The seventh number on the programme was very tragic, and drew
tears and sobbing from the larger part of the audience, so intensely
inspired was it with the “Bushidō,” and so pathetically did it set forth
this spirit. Tokishime, a daughter of the Hōjō Shōgun, is betrothed to
Miura-no-Suké. The young woman goes to stay with the aged
mother of her lover, while he is away in battle. The mother is very ill,
and the son, after being wounded, returns home to see his mother
once more before she dies. The mother from her room hears her
son’s return and denounces his disloyal act in leaving the field of
battle even to bid her farewell; she also sternly forbids him to enter
her room to speak to her. The young man, much overcome, turns to
leave, when his fiancée discovers that his helmet is filled with
precious incense, in preparation for death. She implores him to
return to his home for the night only, pleading that so short a time
can make no difference. When they reach the house, a messenger
from her father in Kamakura presents her with a short sword and
with her father’s orders to use it in killing her lover’s mother, who is
the suspected cause of the son’s treachery. Then ensues one of
those struggles which, among all morally developed peoples, and in
all eras of the world’s history, furnish the essentials of the highest
forms of human tragedy. Such was the moral conflict which
Sophocles set forth in so moving form in his immortal tragedy of
“Antigone.” The poor girl suffers all the tortures of a fierce contention
between loyalty and the duty of obedience to her father and her love
for her betrothed husband; who, when he learns of the message,
demands in turn that the girl go and kill her own father. The daughter,
knowing her father to be a tyrant and the enemy of his country, at
last decides in favour of her lover, and resolves to go to Kamakura
and commit the awful crime of fratricide. After which she will expiate
it by suicide.
The closing performance of the entire day was a spectacle rather
than a play. It represented the ancient myth of the Sun-goddess, who
became angry and shut herself up in a cave, leaving the whole world
in darkness and in sorrow. All the lesser gods and their priests
assembled before the closed mouth of the cave and sang enticing
songs and danced, in the hope of inducing the enraged goddess to
come forth. But all their efforts were in vain.
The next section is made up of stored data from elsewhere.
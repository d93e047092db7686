-- ===== src/Curve.antt =====
-- sdk/src/escrow/curve.ts: whether 32 bytes are the encoding of a point of the ed25519 curve, in the
-- field of `prime` elements.
pub mod Power
mod Tests
use ppv.Base.{
  ℕ, zero, suc, ◌+◌, ◌-◌, ◌*◌, ◌/◌, ◌%◌, ◌^◌, Bool, true, false, not, ◌&&◌, [], ◌∷◌, nat_beq,
  length, if◌then◌else◌,
}
use ppv.Base.Text.{Bytes}

unfoldable pub prime : ℕ
prime = 2 ^ 255 - 19

unfoldable pub edwards_d : ℕ
edwards_d = 37095705934669439343138083508754565189542113879843219016388785533085940283555

-- The loop of `modPow`, modulo `p`: the exponent loses a bit in each round.
unfoldable pub mod_pow_loop : ℕ → ℕ → ℕ → ℕ → ℕ → ℕ
mod_pow_loop p zero result acc e = result
mod_pow_loop p (suc fuel) result acc e = elim (nat_beq e 0) [
  | true ↦ result
  | false ↦
      mod_pow_loop p fuel (if nat_beq (e % 2) 1 then result * acc % p else result) (acc * acc % p)
        (e / 2)
]

-- No exponent of the program has more than 256 bits.
unfoldable pub mod_pow : ℕ → ℕ → ℕ
unfolding mod_pow_loop
mod_pow base exponent = mod_pow_loop prime 256 1 (base % prime) exponent

unfoldable pub inverse : ℕ → ℕ
unfolding mod_pow
inverse value = mod_pow value (prime - 2)

unfoldable pub is_square : ℕ → Bool
unfolding mod_pow
is_square w = if nat_beq w 0 then true else nat_beq (mod_pow w ((prime - 1) / 2)) 1

-- `mod(value - 1)` for a value that is not negative.
unfoldable pub mod_pred : ℕ → ℕ
mod_pred value = if nat_beq value 0 then prime - 1 else (value - 1) % prime

-- The bytes as a number, the last the most significant.
unfoldable pub little_endian : Bytes → ℕ
little_endian [] = 0
little_endian (b ∷ bs) = b + 256 * little_endian bs

-- The test of a `w` and a sign, which both are computed from the bytes.
unfoldable pub decompresses : ℕ → ℕ → Bool
unfolding is_square
decompresses w sign = if not (is_square w) then false else not (nat_beq w 0 && nat_beq sign 1)

unfoldable pub is_on_curve : Bytes → Bool
unfolding little_endian mod_pred inverse decompresses
is_on_curve bytes =
    let encoded = little_endian bytes in
    let sign = encoded / 2 ^ 255 % 2 in
    let y = encoded % 2 ^ 255 % prime in
    let y_squared = y * y % prime in
    let u = mod_pred y_squared in
    let v = (edwards_d * y_squared + 1) % prime in
    if not (nat_beq (length bytes) 32)
    then false
    else if nat_beq v 0
    then false
    else decompresses (u * inverse v % prime) sign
At last, by means of the
magic mirror and a most extraordinarily beautiful dance, as the cock
crows, the cave is opened by the power of the strong god, Tajikara-
o-no-miko-to; and the goddess once more sheds her light upon the
world.
At the close of this entire day of rarely instructive entertainment it
remained only to pick at a delicious supper of fried eels and rice
before retiring,—well spent indeed, but the better informed as to the
national spirit which framed the dramatic art of the Old Japan. It is in
the hope that the reader’s impressions may in some respect
resemble my own that I have described with so much detail this
experience at a Japanese theatre of the highest class.